This is my issue, not yours, and I may be misinterpreting, but here’s my
thinking...

Why is scientific discoveries even something he’s compared against? What does
that have to do with the post? Do all people with excessive talents of some
kind have to make scientific discoveries to prove it?

How would you even presume to have any idea whether Kim had wisdom to share?
Wisdom is very different from scientific discoveries, and why would anyone
know that except himself or his family? How hard did you try to find whether
he had wisdom to share? What if he had lots of wisdom that the rest of us
couldn’t understand? Are you suggesting that someone doesn’t have wisdom
unless they publish it?

Let me ask this way: do you consider yourself smart & wise? What scientific
discoveries have you made, what wisdom have you told the world?

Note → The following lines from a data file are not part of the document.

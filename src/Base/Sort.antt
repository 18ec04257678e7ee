-- ===== src/Base/Sort.antt =====
-- `sorted(xs, key=...)`: a stable sort by the comparison `<` of the keys.
use mathlib.Core.Path.{◌≡◌, refl}
use mathlib.Core.Bool.{Bool, true, false}
use mathlib.Core.List.{List, [], ◌∷◌, Perm}
use mathlib.Core.List.Perm
use mathlib.Core.Logic.{inl, inr}
use native.Mathlib.Omega.{arith}
use hotel_server_v.Base.Tests.{if◌then◌else◌, Bool-cases}
use hotel_server_v.Base.Lists.{All, find, is_empty}
use mathlib.Core.Option.{none}

-- A strict order, of which "not after" is a total preorder.
pub record IsStrict {ℓ} {A : Type ℓ} (less : A → A → Bool) : Type ℓ where
  pub asym : (a b : A) → less a b ≡ true → less b a ≡ false
  pub trans : (a b c : A) → less b a ≡ false → less c b ≡ false → less c a ≡ false

module _ {ℓ} {A : Type ℓ} where
  -- At most one element passes the test.
  abbrev pub IsUnique : (A → Bool) → List A → Type ℓ
  IsUnique p [] = Unit
  IsUnique p (x ∷ xs) = (p x ≡ true → find p xs ≡ none) × IsUnique p xs

module _ {ℓ} {A : Type ℓ} (less : A → A → Bool) where
  pub place : A → List A → List A
  place x [] = x ∷ []
  place x (y ∷ ys) = if less y x then y ∷ place x ys else x ∷ y ∷ ys

  unfoldable pub sort_by : List A → List A
  unfolding place
  sort_by [] = []
  sort_by (x ∷ xs) = place x (sort_by xs)

  -- No later element is less than an earlier one.
  abbrev pub IsSorted : List A → Type 0
  IsSorted [] = Unit
  IsSorted (x ∷ xs) = All (λ y. less y x ≡ false) xs × IsSorted xs

  pub place-perm : (x : A) (xs : List A) → Perm (place x xs) (x ∷ xs)
  unfolding place
  place-perm x [] = Perm.rfl
  place-perm x (y ∷ ys) = elim (Bool-cases (less y x)) [
    | inl e ↦ rw e (Perm.trans (Perm.cons y (place-perm x ys)) (Perm.swap x y ys))
    | inr e ↦ rw e Perm.rfl
  ]

  pub sort_by-perm : (xs : List A) → Perm (sort_by xs) xs
  unfolding sort_by
  sort_by-perm [] = Perm.rfl
  sort_by-perm (x ∷ xs) = Perm.trans (place-perm x (sort_by xs)) (Perm.cons x (sort_by-perm xs))

  place-is_empty : (x : A) (xs : List A) → is_empty (place x xs) ≡ false
  unfolding place
  place-is_empty x [] = refl
  place-is_empty x (y ∷ ys) = ground arith

  pub sort_by-is_empty : (xs : List A) → is_empty xs ≡ false → is_empty (sort_by xs) ≡ false
  unfolding sort_by
  sort_by-is_empty [] h = h
  sort_by-is_empty (x ∷ xs) h = place-is_empty x (sort_by xs)

  -- A predicate on every element survives the sort.
  place-All : (P : A → Type 0) (x : A) (xs : List A) → P x → All P xs → All P (place x xs)
  unfolding place
  place-All P x [] p h = (p, tt)
  place-All P x (y ∷ ys) p h = elim (Bool-cases (less y x)) [
    | inl e ↦ rw e (h.0, place-All P x ys p h.1)
    | inr e ↦ rw e (p, h)
  ]

  pub sort_by-All : (P : A → Type 0) (xs : List A) → All P xs → All P (sort_by xs)
  unfolding sort_by
  sort_by-All P [] h = tt
  sort_by-All P (x ∷ xs) h = place-All P x (sort_by xs) h.0 (sort_by-All P xs h.1)

  -- A sorted list is its own sort.
  pub sort_by-id : (xs : List A) → IsSorted xs → sort_by xs ≡ xs
  unfolding sort_by place
  sort_by-id [] s = refl
  sort_by-id (x ∷ []) s = refl
  sort_by-id (x ∷ y ∷ ys) s = ground (sort_by-id (y ∷ ys) s.1, s.0.0, arith)

  module _ (laws : IsStrict less) where
    below-All :
        (x y : A) (ys : List A)
        → less y x ≡ false
        → All (λ z. less z y ≡ false) ys
        → All (λ z. less z x ≡ false) ys
    below-All x y [] h a = tt
    below-All x y (z ∷ zs) h a = (laws.trans x y z h a.0, below-All x y zs h a.1)

    place-IsSorted : (x : A) (xs : List A) → IsSorted xs → IsSorted (place x xs)
    unfolding place
    place-IsSorted x [] s = (tt, tt)
    place-IsSorted x (y ∷ ys) s = elim (Bool-cases (less y x)) [
      | inl e ↦
          rw e
            (place-All (λ z. less z y ≡ false) x ys (laws.asym y x e) s.0, place-IsSorted x ys s.1)
      | inr e ↦ rw e ((e, below-All x y ys e s.0), s)
    ]

    pub sort_by-IsSorted : (xs : List A) → IsSorted (sort_by xs)
    unfolding sort_by
    sort_by-IsSorted [] = tt
    sort_by-IsSorted (x ∷ xs) = place-IsSorted x (sort_by xs) (sort_by-IsSorted xs)

  place-find :
      (p : A → Bool) (x : A) (xs : List A)
      → (p x ≡ true → find p xs ≡ none)
      → find p (place x xs) ≡ find p (x ∷ xs)
  unfolding place
  place-find p x [] u = refl
  place-find p x (y ∷ ys) u = elim (Bool-cases (less y x)) [
    | inl e ↦ elim (Bool-cases (p x)) [
      | inl q ↦ ground (arith, e, q, u q, place-find p x ys)
      | inr q ↦ ground (arith, e, q, place-find p x ys)
    ]
    | inr e ↦ rw e refl
  ]

  pub find-sort_by : (p : A → Bool) (xs : List A) → IsUnique p xs → find p (sort_by xs) ≡ find p xs
  unfolding sort_by
  find-sort_by p [] u = refl
  find-sort_by p (x ∷ xs) u =
      ground (arith, find-sort_by p xs u.1, place-find p x (sort_by xs), u.0)
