-- ===== src/Base/Comparison.antt =====
-- `==` and `<` of sort keys, and `<` of tuples of keys.
use mathlib.Core.Path.{◌≡◌}
use mathlib.Core.Bool.{Bool, true, false}
use native.Mathlib.Omega.{arith}
use hotel_server_v.Base.Tests.{if◌then◌else◌}
use hotel_server_v.Base.Sort.{IsStrict}

pub record IsComparison {ℓ} {K : Type ℓ} (equal lt : K → K → Bool) : Type ℓ where
  pub symmetric : (a b : K) → equal a b ≡ equal b a
  pub equal_trans : (a b c : K) → equal a b ≡ true → equal b c ≡ true → equal a c ≡ true
  pub asymmetric : (a b : K) → lt a b ≡ true → lt b a ≡ false
  pub lt_trans : (a b c : K) → lt a b ≡ true → lt b c ≡ true → lt a c ≡ true
  pub apart : (a b : K) → equal a b ≡ false → lt a b ≡ false → lt b a ≡ true
  pub equal_lt : (a b c : K) → equal a b ≡ true → lt a c ≡ lt b c
  pub lt_equal : (a b c : K) → equal a b ≡ true → lt c a ≡ lt c b
  pub irreflexive : (a b : K) → equal a b ≡ true → lt a b ≡ false

-- Two tuples compared: on `==` first components, the rest decides.
abbrev pub first_or_rest : Bool → Bool → Bool → Bool
first_or_rest equal less rest = if equal then rest else less

-- The comparison of tuples is strict, if that of the rest is.
pub first_or_rest-IsStrict {ℓ κ} :
    {A : Type ℓ} {K : Type κ} (equal lt : K → K → Bool) (key : A → K) (rest : A → A → Bool)
    → IsComparison equal lt
    → IsStrict rest
    → IsStrict (λ a b. first_or_rest (equal (key a) (key b)) (lt (key a) (key b)) (rest a b))
first_or_rest-IsStrict equal lt key rest c s = record {
  asym = λ a b h.
      ground (arith, h, c.symmetric (key a) (key b), c.asymmetric (key a) (key b), s.asym a b);
  trans = λ a b d h k.
      let x = key a in
      let y = key b in
      let z = key d in
      ground (
        arith,
        h,
        k,
        s.trans a b d,
        c.symmetric y x,
        c.symmetric z y,
        c.symmetric z x,
        c.equal_trans z y x,
        c.equal_trans x y z,
        c.equal_trans x z y,
        c.equal_trans y x z,
        c.equal_trans y z x,
        c.equal_trans z x y,
        c.apart y x,
        c.apart z y,
        c.lt_trans x y z,
        c.equal_lt x y z,
        c.lt_equal y z x,
        c.asymmetric x z,
        c.irreflexive x z,
      );
}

We should not draw broad conclusions about the way knowledge and intelligence
work based on one person who’s in an extremely abnormal situation. In most
normal people, knowledge and intelligence and wisdom are closely related, it
takes knowledge (experience) to gain wisdom, it takes intelligence to
formulate wisdom, and it takes wisdom to seek the kind of knowledge that can
lead to intelligence. For most people, having a lot of knowledge would
precipitate some wisdom automatically. Normal people spot patterns. You can’t
normally have a lot of one without the others. Kim Peek is a stark outlier
compared to how normal brains work.

Your comment also hints at a cultural narrative that is common but not true,
where people tend to see someone with extraordinary talents and “remind”
everyone that it also means there must be some extraordinary deficiencies
there too, because balance. There are some people that have extreme memory and
are still smarter and more accomplished than the average person. Marilu Henner
is a good example of that.
[https://en.m.wikipedia.org/wiki/Marilu_Henner](https://en.m.wikipedia.org/wiki/Marilu_Henner)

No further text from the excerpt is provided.